When running generative models, prefix caching is enabled by default, and can be disabled with the --no-enable-prefix-caching CLI flag. An overview of prefix caching can be found in the vLLM official documentation on Automatic Prefix Caching.

Prefix caching mirrors upstream vLLM, though the requirement for fixed-size prefill chunks means the number of chunks in a prefill is only reduced if an entire chunk is available in cache. Therefore, workloads may show lower hit rates when compared to other accelerators.

When prefix caching is enabled, the vllm:prefix_cache_queries and vllm:prefix_cache_hits metrics correctly report prefix cache stats in tokens.

Pooling Models

For the embedding, scoring, and reranking tasks, vLLM supports running Pooling Models. More information on Pooling Models can be found in the vLLM official documentation.

vLLM Spyre runs all pooling models using static batching, where graphs are pre-compiled for each configured batch shape. This adds extra constraints on the sizes of inputs for each request, and requests that do not fit the precompiled graphs will be rejected.

Caution

There are no up-front checks that the compiled graphs will fit into the available memory on the Spyre cards. If the graphs are too large for the available memory, vllm will crash during model warmup.

These batch shapes must be configured with the VLLM_SPYRE_WARMUP_* environment variables. For example, to warm up two graph shapes for one single large request and four smaller requests you could use:

export VLLM_SPYRE_WARMUP_BATCH_SIZES=1,4
export VLLM_SPYRE_WARMUP_PROMPT_LENS=4096,1024

Note

The standard CLI args --max-num-seqs and --max-model-len are ignored for all pooling models, and prefix caching is not supported.

Caching Compiled Graphs

torch_sendnn supports caching compiled model graphs, which can vastly speed up warmup time when loading models in a distributed setting.

To enable this, set TORCH_SENDNN_CACHE_ENABLE=1 and configure TORCH_SENDNN_CACHE_DIR to a directory to hold the cache files. By default, this feature is disabled.

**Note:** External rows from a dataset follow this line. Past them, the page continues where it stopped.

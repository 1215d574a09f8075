-- ===== src/RecordStorage/Sector.antt =====
-- update_handoff_storage.c and download_checkpoint_storage.c of node-stm32f103/common/storage: the
-- steps of replacing a sector.
use mathlib.Core.Option.{some-injective}
use secure_delta_ota_bootloa.Base.{
  ℕ, ◌+◌, ◌≡◌, inl, inr, refl, ap, ◌∙◌, subst, Bool, true, Option, none, some, List, arith, take,
  drop, replicate, length-take, length-drop, Bool-cases,
}
use secure_delta_ota_bootloa.Base.Range.{read_range, read_range-eq, bytes_equal}
use secure_delta_ota_bootloa.Slots.{Slot}
use secure_delta_ota_bootloa.NorFlash.{NorFlash, NorLaws, IsReadable, SameMemory}
use secure_delta_ota_bootloa.ExternalStorage.{Partition, read, write}
use secure_delta_ota_bootloa.ExternalStorage.Frame.{
  start_of, read-SameMemory, write-frame, write-value, resolve_range-inside,
}
use secure_delta_ota_bootloa.RecordStorage.{
  RecordKind, KindLaws, AreApart, ok, partition_for_slot, preserved, write_records, verify_written,
  verdict, map_first, if_valid, write_preserved,
}
use secure_delta_ota_bootloa.RecordStorage.Steps.{
  bytes_in, stored_at, raw_read, body_and_crc, decoded_lem, size_of_slot, slot_fits,
}

module _ (own other : RecordKind) (nor : NorFlash) (laws : NorLaws nor) (own_laws : KindLaws own)
    (other_laws : KindLaws other) (apart : AreApart own other) where
  open nor use {Device, memory}

  -- What was preserved is in the other kind's place, which is erased where nothing was.
  abbrev pub Holds : Partition → Option other.Rec → Device → Type 0
  Holds p none d = bytes_in other nor p d ≡ replicate other.size 0xFF
  Holds p (some r) d = bytes_in other nor p d ≡ other.encode r

  pub write_records-lem :
      (p : Partition) (r : own.Rec) (kept : Option other.Rec) (d : Device)
      → bytes_in other nor p d ≡ replicate other.size 0xFF
      → (write_records own nor other p r kept d).0 ≡ true
      → (bytes_in own nor p (write_records own nor other p r kept d).1 ≡ own.encode r)
        × Holds p kept (write_records own nor other p r kept d).1
  write_records-lem p r kept d blank done = elim (Bool-cases body.0) [
    | inr b ↦ absurd (unfold write_records in ground (arith, done, b))
    | inl b ↦ elim (Bool-cases crc.0) [
      | inr c ↦ absurd (unfold write_records in ground (arith, done, b, c))
      | inl c ↦
          unfold write_records in
          rw (b, c)
            (finish kept (body_and_crc own other nor laws own_laws other_laws apart p r d b c)
              (rw (b, c) at done))
    ]
  ]
    where
      body : Bool × Device
      body = write nor p own.offset (take own.crc_offset (own.encode r)) d

      crc : Bool × Device
      crc = write nor p (own.offset + own.crc_offset) (drop own.crc_offset (own.encode r)) body.1

      finish :
          (kept : Option other.Rec)
          → bytes_in own nor p crc.1 ≡ own.encode r
          → (write_preserved own nor other p kept crc.1).0 ≡ true
          → (bytes_in own nor p (write_preserved own nor other p kept crc.1).1 ≡ own.encode r)
            × Holds p kept (write_preserved own nor other p kept crc.1).1
      finish none written ok' =
          let bs = own.encode r in
          let n = own.crc_offset in
          let short = length-take n bs in
          let long = length-drop n bs in
          let len = own_laws.length_encode r in
          (
            written,
            read_range-eq (memory crc.1) (memory d) (start_of p + other.offset) other.size
                  (λ a lo hi.
                    write-frame nor laws p (own.offset + n) (drop n bs) body.1 a
                      (ground (arith, len, long, apart, own_laws.crc_inside))
                    ∙ write-frame nor laws p own.offset (take n bs) d a
                        (ground (arith, len, short, apart, own_laws.crc_inside)))
                ∙ blank,
          )
      finish (some q) written ok' =
          let len = other_laws.length_encode q in
          (
            read_range-eq (memory (write nor p other.offset (other.encode q) crc.1).1)
                  (memory crc.1) (start_of p + own.offset) own.size
                  (λ a lo hi.
                    write-frame nor laws p other.offset (other.encode q) crc.1 a
                      (ground (arith, len, apart)))
                ∙ written,
            subst
                (λ m.
                  read_range (memory (write nor p other.offset (other.encode q) crc.1).1)
                    (start_of p + other.offset) m
                  ≡ other.encode q)
                len (write-value nor laws p other.offset (other.encode q) crc.1 ok').0,
          )

  pub preserved-SameMemory :
      (p : Partition) (d : Device) → SameMemory nor d (preserved own nor other p d).1
  preserved-SameMemory p d =
      unfold preserved in
      through (read nor p other.offset other.size d)
        (read-SameMemory nor laws p other.offset other.size d)
    where
      through :
          (result : Option (List ℕ) × Device)
          → SameMemory nor d result.1
          → SameMemory nor d (if_valid own nor other (map_first other.decode result)).1
      through (none, f) same = same
      through (some bs, f) same = same

  pub preserved-valid :
      (s : Slot) (d : Device)
      → IsReadable nor
      → other.is_valid (stored_at other nor s d) ≡ true
      → (preserved own nor other (partition_for_slot s) d).0 ≡ some (stored_at other nor s d)
  preserved-valid s d readable good =
      let p = partition_for_slot s in
      unfold preserved in
      through (read nor p other.offset other.size d) (
        unfold read in
        rw
          (resolve_range-inside p other.offset other.size (rw (size_of_slot s) other_laws.fits)
            other_laws.nonempty)
          (readable.reads _ _ d (slot_fits other other_laws s)))
    where
      through :
          (result : Option (List ℕ) × Device)
          → result.0 ≡ some (bytes_in other nor (partition_for_slot s) d)
          → (if_valid own nor other (map_first other.decode result)).0
            ≡ some (stored_at other nor s d)
      through (none, f) e = absurd (cc)
      through (some bs, f) e = let same = some-injective _ _ e in rw (same, good)

  pub verify_written-ok :
      (p : Partition) (t : Slot) (r : own.Rec) (d : Device)
      → (verify_written own nor p t r d).status ≡ ok
      → SameMemory nor d (verify_written own nor p t r d).device
        × ((verify_written own nor p t r d).found ≡ some (own.decode (bytes_in own nor p d)))
        × ((verify_written own nor p t r d).slot ≡ t)
  unfolding verify_written
  verify_written-ok p t r d done =
      through (map_first own.decode (read nor p own.offset own.size d)) refl done
    where
      through :
          (result : Option own.Rec × Device)
          → map_first own.decode (read nor p own.offset own.size d) ≡ result
          → (verdict own nor t r result).status ≡ ok
          → SameMemory nor d (verdict own nor t r result).device
            × ((verdict own nor t r result).found ≡ some (own.decode (bytes_in own nor p d)))
            × ((verdict own nor t r result).slot ≡ t)
      through (none, e) q done' = absurd (cc)
      through (some v, e) q done' =
          let value = decoded_lem own nor laws p d (raw_read own nor laws p d) refl v e q in
          elim (Bool-cases (own.is_valid v)) [
            | inr bad ↦ absurd (ground (arith, done', bad))
            | inl good ↦ elim (Bool-cases (bytes_equal (own.encode r) (own.encode v))) [
              | inr differ ↦ absurd (ground (arith, done', good, differ))
              | inl equal ↦ rw (good, equal) (value.1, ap some value.0, refl)
            ]
          ]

Require Precompiled Decoders

Model compilation can be resource intensive and disruptive in production environments. To mitigate this, artifacts stored in TORCH_SENDNN_CACHE_DIR can be persisted to a shared volume during pre-deployment. Requiring the server to load from the cache avoids unexpected recompilation on the inference server.

To enforce the use of precompiled models, set:

VLLM_SPYRE_REQUIRE_PRECOMPILED_DECODERS=1

and create an empty catalog file:

echo '{}' > ${TORCH_SENDNN_CACHE_DIR}/pre_compiled_cache_catalog.json

This configuration ensures that if a precompiled model is not found, an error will be raised. The catalog file is mandatory and serves as metadata for precompiled models in the cache. It enables the server to surface useful information and warnings in logs tagged with [PRECOMPILED_WARN].

Catalog checks inspect metadata of the launch configuration that affect the cached artifacts including:

  • vLLM configurations (tensor parallelism, batch size, static vs. continuous batching)
  • Library versions used during precompilation
  • Model name

If a matching entry is not found in the catalog, the server will still attempt to load from the cache. This allows precompiled models without catalog metadata to be used. However, if no precompiled model exists in the cache, the system will raise:

RuntimeError: Compilation disabled

Scripts to generate and update pre_compiled_cache_catalog.json will be provided in future releases.

Note

This feature is only available for generative models, pooling models are not supported.